Stored data entries:
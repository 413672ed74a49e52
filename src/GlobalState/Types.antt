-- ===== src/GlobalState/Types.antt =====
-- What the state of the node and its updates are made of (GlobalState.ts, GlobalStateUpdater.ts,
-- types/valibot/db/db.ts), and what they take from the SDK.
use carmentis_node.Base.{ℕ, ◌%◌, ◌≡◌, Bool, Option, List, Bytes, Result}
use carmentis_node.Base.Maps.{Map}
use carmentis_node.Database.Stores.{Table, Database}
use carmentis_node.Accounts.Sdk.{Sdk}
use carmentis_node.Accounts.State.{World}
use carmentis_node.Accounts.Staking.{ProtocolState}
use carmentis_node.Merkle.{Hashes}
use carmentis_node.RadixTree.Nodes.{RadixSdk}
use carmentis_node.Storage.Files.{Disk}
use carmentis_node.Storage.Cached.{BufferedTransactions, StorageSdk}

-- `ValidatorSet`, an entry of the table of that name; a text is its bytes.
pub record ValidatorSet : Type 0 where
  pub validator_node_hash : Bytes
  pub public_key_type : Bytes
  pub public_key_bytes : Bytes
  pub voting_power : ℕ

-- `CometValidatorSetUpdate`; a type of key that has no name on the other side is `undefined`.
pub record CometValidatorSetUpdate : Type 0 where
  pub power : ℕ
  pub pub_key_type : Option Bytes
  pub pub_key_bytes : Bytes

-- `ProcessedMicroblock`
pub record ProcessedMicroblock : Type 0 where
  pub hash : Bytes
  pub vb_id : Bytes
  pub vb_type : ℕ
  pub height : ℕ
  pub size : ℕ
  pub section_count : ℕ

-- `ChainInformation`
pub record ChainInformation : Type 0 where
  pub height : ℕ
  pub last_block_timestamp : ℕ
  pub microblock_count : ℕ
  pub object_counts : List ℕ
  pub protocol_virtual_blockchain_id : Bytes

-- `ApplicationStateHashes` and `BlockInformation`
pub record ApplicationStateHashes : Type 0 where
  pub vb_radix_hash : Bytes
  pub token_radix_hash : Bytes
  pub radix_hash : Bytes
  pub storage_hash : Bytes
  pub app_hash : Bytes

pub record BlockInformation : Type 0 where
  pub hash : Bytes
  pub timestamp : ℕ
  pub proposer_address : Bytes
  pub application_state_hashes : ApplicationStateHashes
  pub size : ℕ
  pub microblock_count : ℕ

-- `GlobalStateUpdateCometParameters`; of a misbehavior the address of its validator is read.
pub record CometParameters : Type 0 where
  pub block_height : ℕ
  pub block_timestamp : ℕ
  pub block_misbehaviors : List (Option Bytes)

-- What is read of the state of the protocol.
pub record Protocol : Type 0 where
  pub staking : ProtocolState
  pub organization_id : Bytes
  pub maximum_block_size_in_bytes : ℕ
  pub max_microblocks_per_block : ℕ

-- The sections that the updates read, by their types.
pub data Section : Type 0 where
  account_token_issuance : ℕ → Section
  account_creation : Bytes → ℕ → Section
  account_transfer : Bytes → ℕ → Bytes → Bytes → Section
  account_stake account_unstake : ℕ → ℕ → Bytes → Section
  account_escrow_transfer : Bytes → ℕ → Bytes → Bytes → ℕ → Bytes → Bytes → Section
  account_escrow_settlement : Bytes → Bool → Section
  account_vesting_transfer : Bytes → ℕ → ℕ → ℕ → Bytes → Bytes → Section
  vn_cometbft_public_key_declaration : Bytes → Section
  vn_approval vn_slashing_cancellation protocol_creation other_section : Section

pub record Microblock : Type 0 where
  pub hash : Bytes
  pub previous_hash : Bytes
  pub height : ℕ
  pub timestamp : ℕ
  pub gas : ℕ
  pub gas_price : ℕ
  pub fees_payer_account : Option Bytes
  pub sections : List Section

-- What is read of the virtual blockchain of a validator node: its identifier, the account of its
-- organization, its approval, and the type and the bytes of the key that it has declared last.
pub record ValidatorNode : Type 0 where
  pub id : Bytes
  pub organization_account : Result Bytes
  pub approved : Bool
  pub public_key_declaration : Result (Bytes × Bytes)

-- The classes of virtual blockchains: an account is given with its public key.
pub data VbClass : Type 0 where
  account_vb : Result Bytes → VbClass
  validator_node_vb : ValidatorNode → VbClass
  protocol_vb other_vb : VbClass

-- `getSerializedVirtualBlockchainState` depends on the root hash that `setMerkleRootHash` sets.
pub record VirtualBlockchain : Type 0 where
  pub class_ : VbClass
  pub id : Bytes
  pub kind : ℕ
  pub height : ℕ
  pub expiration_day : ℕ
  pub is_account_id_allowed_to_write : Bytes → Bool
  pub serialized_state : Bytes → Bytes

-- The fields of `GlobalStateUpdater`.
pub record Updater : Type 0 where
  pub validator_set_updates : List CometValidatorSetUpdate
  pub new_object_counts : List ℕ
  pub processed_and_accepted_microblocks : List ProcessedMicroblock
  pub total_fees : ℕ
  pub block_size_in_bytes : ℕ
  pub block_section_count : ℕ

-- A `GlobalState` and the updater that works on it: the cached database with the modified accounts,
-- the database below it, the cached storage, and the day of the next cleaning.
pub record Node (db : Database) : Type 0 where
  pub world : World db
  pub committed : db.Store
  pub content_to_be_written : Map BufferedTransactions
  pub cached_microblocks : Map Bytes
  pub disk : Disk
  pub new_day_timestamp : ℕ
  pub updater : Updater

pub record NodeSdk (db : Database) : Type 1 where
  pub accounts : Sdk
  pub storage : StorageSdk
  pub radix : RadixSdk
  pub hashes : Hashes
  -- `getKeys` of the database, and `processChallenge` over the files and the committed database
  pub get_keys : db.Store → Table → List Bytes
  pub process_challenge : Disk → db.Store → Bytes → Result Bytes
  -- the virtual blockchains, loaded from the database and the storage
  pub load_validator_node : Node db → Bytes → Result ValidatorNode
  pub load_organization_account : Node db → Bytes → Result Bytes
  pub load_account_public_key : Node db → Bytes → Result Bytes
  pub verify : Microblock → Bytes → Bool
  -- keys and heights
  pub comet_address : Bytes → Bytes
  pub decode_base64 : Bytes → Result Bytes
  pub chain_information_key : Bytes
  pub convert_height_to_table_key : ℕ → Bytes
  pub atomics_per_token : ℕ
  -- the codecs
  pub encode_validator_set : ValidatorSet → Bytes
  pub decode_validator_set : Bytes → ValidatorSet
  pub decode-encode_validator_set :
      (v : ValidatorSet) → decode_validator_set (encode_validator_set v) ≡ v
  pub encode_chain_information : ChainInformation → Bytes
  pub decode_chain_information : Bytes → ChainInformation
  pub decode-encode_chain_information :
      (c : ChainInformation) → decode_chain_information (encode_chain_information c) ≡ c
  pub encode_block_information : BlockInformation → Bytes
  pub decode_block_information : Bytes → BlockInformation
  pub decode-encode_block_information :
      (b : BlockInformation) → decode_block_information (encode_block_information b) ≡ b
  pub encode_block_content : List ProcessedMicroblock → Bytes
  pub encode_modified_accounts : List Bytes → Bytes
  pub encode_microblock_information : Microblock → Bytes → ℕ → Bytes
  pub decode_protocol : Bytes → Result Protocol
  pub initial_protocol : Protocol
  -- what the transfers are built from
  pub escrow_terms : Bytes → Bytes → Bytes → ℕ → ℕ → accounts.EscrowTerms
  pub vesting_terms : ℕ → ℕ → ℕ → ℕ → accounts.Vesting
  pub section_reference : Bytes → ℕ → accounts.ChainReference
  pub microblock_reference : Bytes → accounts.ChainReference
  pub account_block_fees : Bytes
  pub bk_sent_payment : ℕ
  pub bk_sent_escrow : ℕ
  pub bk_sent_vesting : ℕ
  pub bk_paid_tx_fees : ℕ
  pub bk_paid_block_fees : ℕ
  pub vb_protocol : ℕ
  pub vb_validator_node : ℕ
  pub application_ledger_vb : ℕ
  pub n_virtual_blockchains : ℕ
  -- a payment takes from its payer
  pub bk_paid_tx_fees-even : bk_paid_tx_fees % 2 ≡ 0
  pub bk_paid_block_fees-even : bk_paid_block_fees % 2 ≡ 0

Aim of the exercise: The range runs from the line above containing "pub accounts : Sdk" to the line containing "pub convert_height_to_table_key : ℕ → Bytes", inclusive. Restate those lines word for word and no others.

Your solution:
  pub accounts : Sdk
  pub storage : StorageSdk
  pub radix : RadixSdk
  pub hashes : Hashes
  -- `getKeys` of the database, and `processChallenge` over the files and the committed database
  pub get_keys : db.Store → Table → List Bytes
  pub process_challenge : Disk → db.Store → Bytes → Result Bytes
  -- the virtual blockchains, loaded from the database and the storage
  pub load_validator_node : Node db → Bytes → Result ValidatorNode
  pub load_organization_account : Node db → Bytes → Result Bytes
  pub load_account_public_key : Node db → Bytes → Result Bytes
  pub verify : Microblock → Bytes → Bool
  -- keys and heights
  pub comet_address : Bytes → Bytes
  pub decode_base64 : Bytes → Result Bytes
  pub chain_information_key : Bytes
  pub convert_height_to_table_key : ℕ → Bytes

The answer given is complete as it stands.